H is for Homicide Page 9



He looked up at me again. "Excuse me. I missed that. Can you describe the procedure on this? The file doesn't seem to indicate."

"Usually, I get a call. Or one of the adjusters might bring a case to my attention. I stop in the office two or three times a week." He managed to write at exactly the rate I spoke. I stopped. His pen came to a halt.

"In addition to meetings?" he asked.

"Meetings?"

"I'm assuming you attend the regularly scheduled office meetings. Budgets. Sales…"

"I've never done that."

He checked his notes, flipping back a page or two. A frown formed, but I could have sworn his confusion was pure theatrics. "I can't seem to find your 206's."

"Really," I said. "That surprises me." I hadn't the faintest idea what a 206 was, but I thought it should be his responsibility since he brought it up.

He passed a form across the desk to me. "Just to refresh your memory," he said.

There were lots of slots to be filled in. Dates, times, corporate numbers, odometer readings; clearly a formal report in which I was supposed to detail every burp and hiccup on the job. I passed the form back to him without comment. I wasn't going to play this game. Screw him.

He'd begun to make notes again, head bent. "I'll have to ask you to supply the carbons from your files so we can bring our files up to date. Drop them off with Miss Pascoe by noon, if you would. We'll set up an appointment to go over them later."

"What for?"

"We'll need documentation of your hours so we can calculate your rate of pay," he said as if it were obvious.

"I can tell you that. Thirty bucks an hour plus expenses."

He managed to convey astonishment without even raising a brow. "Less rental monies for the office space, of course," he said.

"In lieu of rental monies for the office space."

Dead silence.

Finally, he said, "That can't be the case."

"That's been my arrangement with CF from the first."

"That's absolutely out of the question."

"It's been this way for the past six years and no one's complained of it yet."

He lifted his pen from the page. "Well. We'll have to see if we can straighten this out."

"Straighten what out? That's the agreement. It suits me. It suits them."

"Miss Millhone, do you have a problem?"

"No, not at all. What makes you ask?"

"I'm not sure I understand your attitude," he said.

"My attitude is simple. I don't see why I have to put up with this bureaucratic bullshit. I don't work for you. I'm an independent contractor. You don't like what I do, hire somebody else."

"I see." He replaced the cap on the pen. He began to gather his papers, his movements crisp, his manner abrupt. "Perhaps we can meet some other time. When you're calmer."

I said, "Great. You too. I have a job to do, anyway."

He left the cubicle before I did and headed straight for Mac's office. All the CF employees within range were hard at work, their expressions studiously attentive to the job at hand.

I put the entire exchange in a mental box and filed it away. There'd be hell to pay, but at the moment I didn't care.

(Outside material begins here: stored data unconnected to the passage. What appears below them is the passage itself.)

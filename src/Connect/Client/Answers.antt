-- ===== src/Connect/Client/Answers.antt =====
-- The answers that internal/connect/send.go waits for and client.go gives out.
use go_ha.Prelude.{
  ℕ, ◌+◌, ◌≤◌, ◌<◌, ◌≡◌, refl, Option, none, some, List, [], ◌∷◌, ◌++◌, arith, ◌==◌, if◌then◌else◌,
}
use go_ha.Prelude.{weigh-append}
use go_ha.Prelude.Table.{find, put, drop, entries, entries-put, entries-drop, find-entries}
use go_ha.Connect.Options.{Options}
use go_ha.Connect.Client.Steps.{Stable, Reach-Stable}
use go_ha.Connect.Client.{
  Waiter, log_failure, Kind, request, stream, Sent, Client, new_client, begin_on, add_subscription,
  undo, deliver, cancel_pending, Reach,
}

-- What holds of the ids that are pending and of those that were answered, `n` ids being taken.
pub record Settled (n : ℕ) (pending answers : List (ℕ × Waiter)) : Type 0 where
  pub fresh : (id : ℕ) → n < id → entries id pending + entries id answers ≡ 0
  pub once : (id : ℕ) → entries id pending + entries id answers ≤ 1

abbrev IsSettled : Client → Type 0
IsSettled c = Settled c.next_id c.pending c.answers

unregistered : {V : Type 0} (key : ℕ) (m : List (ℕ × V)) → entries key m ≡ 0 → find key m ≡ none
unregistered key m h = absurd_some (find key m) refl
  where
    absurd_some : (o : Option _) → find key m ≡ o → find key m ≡ none
    absurd_some none e = e
    absurd_some (some v) e = absurd (omega (arith, find-entries key v m e, h))

module _ {n : ℕ} {pending answers : List (ℕ × Waiter)} (v : Settled n pending answers) where
  later-Settled : Settled (n + 1) pending answers
  later-Settled = record { fresh = λ id l. v.fresh id (omega (arith, l)); once = v.once }

  put-Settled : (who : Waiter) → Settled (n + 1) (put (n + 1) who pending) answers
  put-Settled who = record {
    fresh = λ id l. ground (arith, v.fresh id, added id);
    once = λ id. ground (arith, added id, v.once id, v.fresh (n + 1));
  }
    where
      one : ℕ → ℕ
      one id = if n + 1 == id then 1 else 0

      added : (id : ℕ) → entries id (put (n + 1) who pending) ≡ one id + entries id pending
      added id =
          entries-put (n + 1) id who pending
            (unregistered (n + 1) pending (omega (arith, v.fresh (n + 1) (omega arith))))

  drop-Settled : (key : ℕ) → Settled n (drop key pending) answers
  drop-Settled key = record {
    fresh = λ id l. ground (arith, entries-drop key id pending, v.fresh id l);
    once = λ id. ground (arith, entries-drop key id pending, v.once id);
  }

  deliver-Settled :
      (key : ℕ) (who : Waiter)
      → find key pending ≡ some who
      → Settled n (drop key pending) ((key, who) ∷ answers)
  unfolding entries
  deliver-Settled key who e = record {
    fresh = λ id l.
        ground (arith, entries-drop key id pending, v.fresh id l, find-entries key who pending e);
    once = λ id.
        ground (arith, entries-drop key id pending, v.once id, find-entries key who pending e);
  }

  tear-Settled : Settled n [] (pending ++ answers)
  unfolding entries
  tear-Settled = record {
    fresh = λ id l. omega (arith, together id, v.fresh id l);
    once = λ id. omega (arith, together id, v.once id);
  }
    where
      together :
          (id : ℕ) → entries id (pending ++ answers) ≡ entries id pending + entries id answers
      together id = weigh-append (λ e. if e.0 == id then 1 else 0) pending answers

undo-IsSettled :
    (c : Client) (s : Sent) (k : Kind)
    → c.writer ≡ some s
    → s.kind ≡ k
    → IsSettled c
    → IsSettled (undo k s.id c)
unfolding undo
undo-IsSettled c s request e ek v = drop-Settled v s.id
undo-IsSettled c s (stream i) e ek v = drop-Settled v s.id

IsSettled-Stable : Stable IsSettled
unfolding begin_on add_subscription deliver cancel_pending
IsSettled-Stable = record {
  no_conn = λ c who ew ec v. later-Settled v;
  begun = λ c who k ew ec v. put-Settled v who;
  added = λ c type handler v. v;
  established = λ c k i s ew ec at ne v. put-Settled v log_failure;
  sent = λ c s ew v. v;
  undone = undo-IsSettled;
  connected = λ c ec v. v;
  torn = λ c k ec v. tear-Settled v;
  delivered = λ c id who e v. deliver-Settled v id who e;
  queued = λ c m l v. v;
  shed = λ c m l v. v;
  took = λ c m rest e v. v;
  looked = λ c j t e v. v;
  cancelled = λ c id v. drop-Settled v id;
}

-- Whatever messages arrive and whatever the order of the steps: on every state that the client reaches,
-- the handler of an id was called at most once, with a result or with the loss of the connection, and not
-- while the id is still pending. An id greater than the counter of `nextID` has no handler and no answer.
pub answered_once : {o : Options} {c : Client} → Reach o c → Settled c.next_id c.pending c.answers
unfolding new_client entries
answered_once {o} r =
    Reach-Stable IsSettled IsSettled-Stable
      (record { fresh = λ id l. refl; once = λ id. omega arith }) r
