-- ===== src/Connect/Client/Tidiness.antt =====
-- What internal/connect/send.go keeps true of the ids and the streams on the wire, change by change.
use mathlib.Core.Path.{subst}
use native.Mathlib.Decide.{ℕ_discrete, dec_lt}
use go_ha.Prelude.{
  ℕ, zero, suc, ◌+◌, ◌≤◌, ◌<◌, ◌≡◌, refl, sym, ap, ◌∙◌, Bool, true, false, ◌&&◌, Option, none, some,
  List, [], ◌∷◌, ◌++◌, arith, ◌==◌, if◌then◌else◌,
}
use go_ha.Prelude.{get_elem?, set, get_elem?-set, weigh}
use go_ha.Connect.Client.{Subscription, Kind, request, stream, Sent, Client, forget}

abbrev pub in_flight : Option Sent → List Sent
in_flight none = []
in_flight (some s) = s ∷ []

-- Everything handed to a connection, the message being written included, newest first.
abbrev pub line : Client → List Sent
line c = in_flight c.writer ++ c.wire

-- From the newest back: generations never rise, and ids strictly fall, from below `n`.
abbrev pub Falling : ℕ → ℕ → List Sent → Type 0
Falling g n [] = Unit {0}
Falling g n (s ∷ rest) = (s.conn ≤ g) × (s.id < n) × Falling s.conn s.id rest

abbrev pub is_stream : ℕ → Kind → Bool
is_stream i request = false
is_stream i (stream j) = j == i

abbrev pub streams_on : ℕ → ℕ → Sent → ℕ
streams_on k i s = if s.conn == k && is_stream i s.kind then 1 else 0

-- How often a subscription was sent on a connection.
abbrev pub streams : ℕ → ℕ → List Sent → ℕ
streams k i sent = weigh (streams_on k i) sent

abbrev pub Marked : ℕ → Option Subscription → Type 0
Marked g none = ⊥
Marked g (some s) = s.gen ≡ g

-- What holds of the generation, the ids given out, the connection, the subscriptions and the line.
pub record Tidy (g n : ℕ) (conn : Option ℕ) (subs : List Subscription) (sent : List Sent)
    : Type 0 where
  pub current : (k : ℕ) → conn ≡ some k → k ≡ g
  pub falling : Falling g (n + 1) sent
  pub once : (k i : ℕ) → streams k i sent ≤ 1
  pub marked : (i : ℕ) → 0 < streams g i sent → Marked g (get_elem? subs i)

abbrev pub IsTidy : Client → Type 0
IsTidy c = Tidy c.gen c.next_id c.conn c.subs (line c)

Falling-mono :
    (g h m n : ℕ) (sent : List Sent) → g ≤ h → m ≤ n → Falling g m sent → Falling h n sent
Falling-mono g h m n [] l l' f = tt
Falling-mono g h m n (s ∷ rest) l l' (a, b, f) = (omega arith, omega arith, f)

-- No stream is on a connection that is newer than all that was sent.
streams-newer : (g n k i : ℕ) (sent : List Sent) → Falling g n sent → g < k → streams k i sent ≡ 0
streams-newer g n k i [] f l = refl
streams-newer g n k i (s ∷ rest) (a, b, f) l = ground (arith, streams-newer s.conn s.id k i rest f)

Falling-up : (g n : ℕ) (sent : List Sent) → Falling g n sent → Falling g (n + 1) sent
Falling-up g n sent f = Falling-mono g g n (n + 1) sent (omega arith) (omega arith) f

Marked-append :
    (g i : ℕ) (subs : List Subscription) (s : Subscription)
    → Marked g (get_elem? subs i)
    → Marked g (get_elem? (subs ++ s ∷ []) i)
Marked-append g i [] s m = absurd m
Marked-append g zero (x ∷ subs) s m = m
Marked-append g (suc i) (x ∷ subs) s m = Marked-append g i subs s m

module _ {g n : ℕ} {conn : Option ℕ} {subs : List Subscription} {sent : List Sent}
    (v : Tidy g n conn subs sent) where
  -- An id is used up.
  pub skip-Tidy : Tidy g (n + 1) conn subs sent
  skip-Tidy = record {
    current = v.current;
    falling = Falling-up g (n + 1) sent v.falling;
    once = v.once;
    marked = v.marked;
  }

  pub request-Tidy :
      (k : ℕ)
      → conn ≡ some k
      → Tidy g (n + 1) conn subs (record { conn = k; id = n + 1; kind = request } ∷ sent)
  request-Tidy k e = record {
    current = v.current;
    falling = (
      omega (arith, v.current k e),
      omega arith,
      subst (λ x. Falling x (n + 1) sent) (sym (v.current k e)) v.falling,
    );
    once = λ k' i. ground (arith, v.once k' i);
    marked = λ i h. v.marked i (ground arith);
  }

  unmarked :
      (i : ℕ) (s : Subscription)
      → get_elem? subs i ≡ some s
      → (s.gen == g) ≡ false
      → streams g i sent ≡ 0
  unmarked i s at ne = elim (dec_lt 0 (streams g i sent)) [
    | yes h ↦ let m : s.gen ≡ g = subst (Marked g) at (v.marked i h) in absurd (ground arith)
    | no h ↦ omega arith
  ]

  collide :
      (k i k' i' : ℕ)
      → k ≡ g
      → streams g i sent ≡ 0
      → (k == k' && i == i') ≡ true
      → streams k' i' sent ≡ 0
  collide k i k' i' e z h =
      let ek : k' ≡ g = ground arith in
      let ei : i' ≡ i = ground arith in
      ap (λ a. streams a i' sent) ek ∙ ap (λ b. streams g b sent) ei ∙ z

  pub stream-Tidy :
      (k i : ℕ) (s : Subscription)
      → conn ≡ some k
      → get_elem? subs i ≡ some s
      → (s.gen == g) ≡ false
      → Tidy g
          (n + 1)
          conn
          (set subs i (record s { gen = g }))
          (record { conn = k; id = n + 1; kind = stream i } ∷ sent)
  stream-Tidy k i s e at ne = record {
    current = v.current;
    falling = (
      omega (arith, v.current k e),
      omega arith,
      subst (λ x. Falling x (n + 1) sent) (sym (v.current k e)) v.falling,
    );
    once = λ k' i'.
        ground (arith, v.once k' i', collide k i k' i' (v.current k e) (unmarked i s at ne));
    marked = λ i' h. elim (ℕ_discrete i i') [
      | yes p ↦ rw (get_elem?-set subs i i' (record s { gen = g }) s at) (ground (arith, p))
      | no p ↦
          rw (get_elem?-set subs i i' (record s { gen = g }) s at) (ground (arith, p, v.marked i'))
    ];
  }

  pub append-Tidy : (s : Subscription) → Tidy g n conn (subs ++ s ∷ []) sent
  append-Tidy s = record {
    current = v.current;
    falling = v.falling;
    once = v.once;
    marked = λ i h. Marked-append g i subs s (v.marked i h);
  }

  pub connect-Tidy : Tidy (g + 1) n (some (g + 1)) subs sent
  connect-Tidy = record {
    current = λ k h. cc;
    falling = Falling-mono g (g + 1) (n + 1) (n + 1) sent (omega arith) (omega arith) v.falling;
    once = v.once;
    marked = λ i h.
        absurd (omega (arith, streams-newer g (n + 1) (g + 1) i sent v.falling (omega arith)));
  }

  pub tear-Tidy : Tidy g n none subs sent
  tear-Tidy = record { current = λ k h. cc; falling = v.falling; once = v.once; marked = v.marked }

module _ {g n : ℕ} {conn : Option ℕ} {subs : List Subscription} {rest : List Sent} (s : Sent)
    (v : Tidy g n conn subs (s ∷ rest)) where
  -- The message at hand was not sent after all.
  pub lose-Tidy : Tidy g n conn subs rest
  lose-Tidy = record {
    current = v.current;
    falling =
        Falling-mono s.conn g s.id (n + 1) rest (omega (arith, v.falling.0))
          (omega (arith, v.falling.1)) v.falling.2;
    once = λ k i. omega (arith, v.once k i);
    marked = λ i h. v.marked i (omega (arith, h));
  }

  pub forget-Tidy :
      (i : ℕ) → s.kind ≡ stream i → Tidy g n conn (forget (get_elem? subs i) i subs) rest
  forget-Tidy i e = forgotten (get_elem? subs i) refl
    where
      gone : streams g i rest ≡ 0
      gone = elim (ℕ_discrete s.conn g) [
        | yes p ↦ ground (arith, v.once g i, ap (is_stream i) e, p)
        | no p ↦ streams-newer s.conn s.id g i rest v.falling.2 (omega (arith, v.falling.0, p))
      ]

      forgotten :
          (o : Option Subscription) → get_elem? subs i ≡ o → Tidy g n conn (forget o i subs) rest
      forgotten none h = lose-Tidy
      forgotten (some x) h = record {
        current = lose-Tidy.current;
        falling = lose-Tidy.falling;
        once = lose-Tidy.once;
        marked = λ i' m. elim (ℕ_discrete i i') [
          | yes p ↦ absurd (omega (arith, m, gone, ap (λ j. streams g j rest) p))
          | no p ↦
              rw (get_elem?-set subs i i' (record x { gen = 0 }) x h)
                (ground (arith, p, v.marked i'))
        ];
      }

The address I'd been given for Bibianna Diaz turned out to be a vacant lot. I sat in my car and stared blankly at the parcel of raw dirt, crudely landscaped with weeds, palms, boulders, and broken bottles twinkling in the sunlight. A condom dangled limply from a fallen palm frond, looking like a skin shed by some anemic snake. I double-checked the information listed in the file and then scanned the house numbers on either side. No match. I flipped open the glove compartment and pulled out a city map, which I spread across the steering wheel, squinting at the street names indexed alphabetically on the back. There was no other road, drive, avenue, or lane listed with the same name or one that even came close. I'd dropped the Diaz file off at the CF offices before my meeting with Titus, so all I had with me were a few penciled notes. I figured it was time to check back with Mary Bellflower to see what else she might have in the way of a contact. I started the car and headed toward town, feeling strangely gratified. The nonexistent street address added fuel to the notion that Ms. Diaz was telling fibs, a prospect that excited the latent felon in me. In California jargon, I can "resonate" with crooks. Investigating honest people isn't half the fun.

I spotted a pay phone on the far side of a gas station. I pulled in and had my tank topped off while I called Mary at the CF offices and told her what was going on. "You have any other address for this woman?" I asked.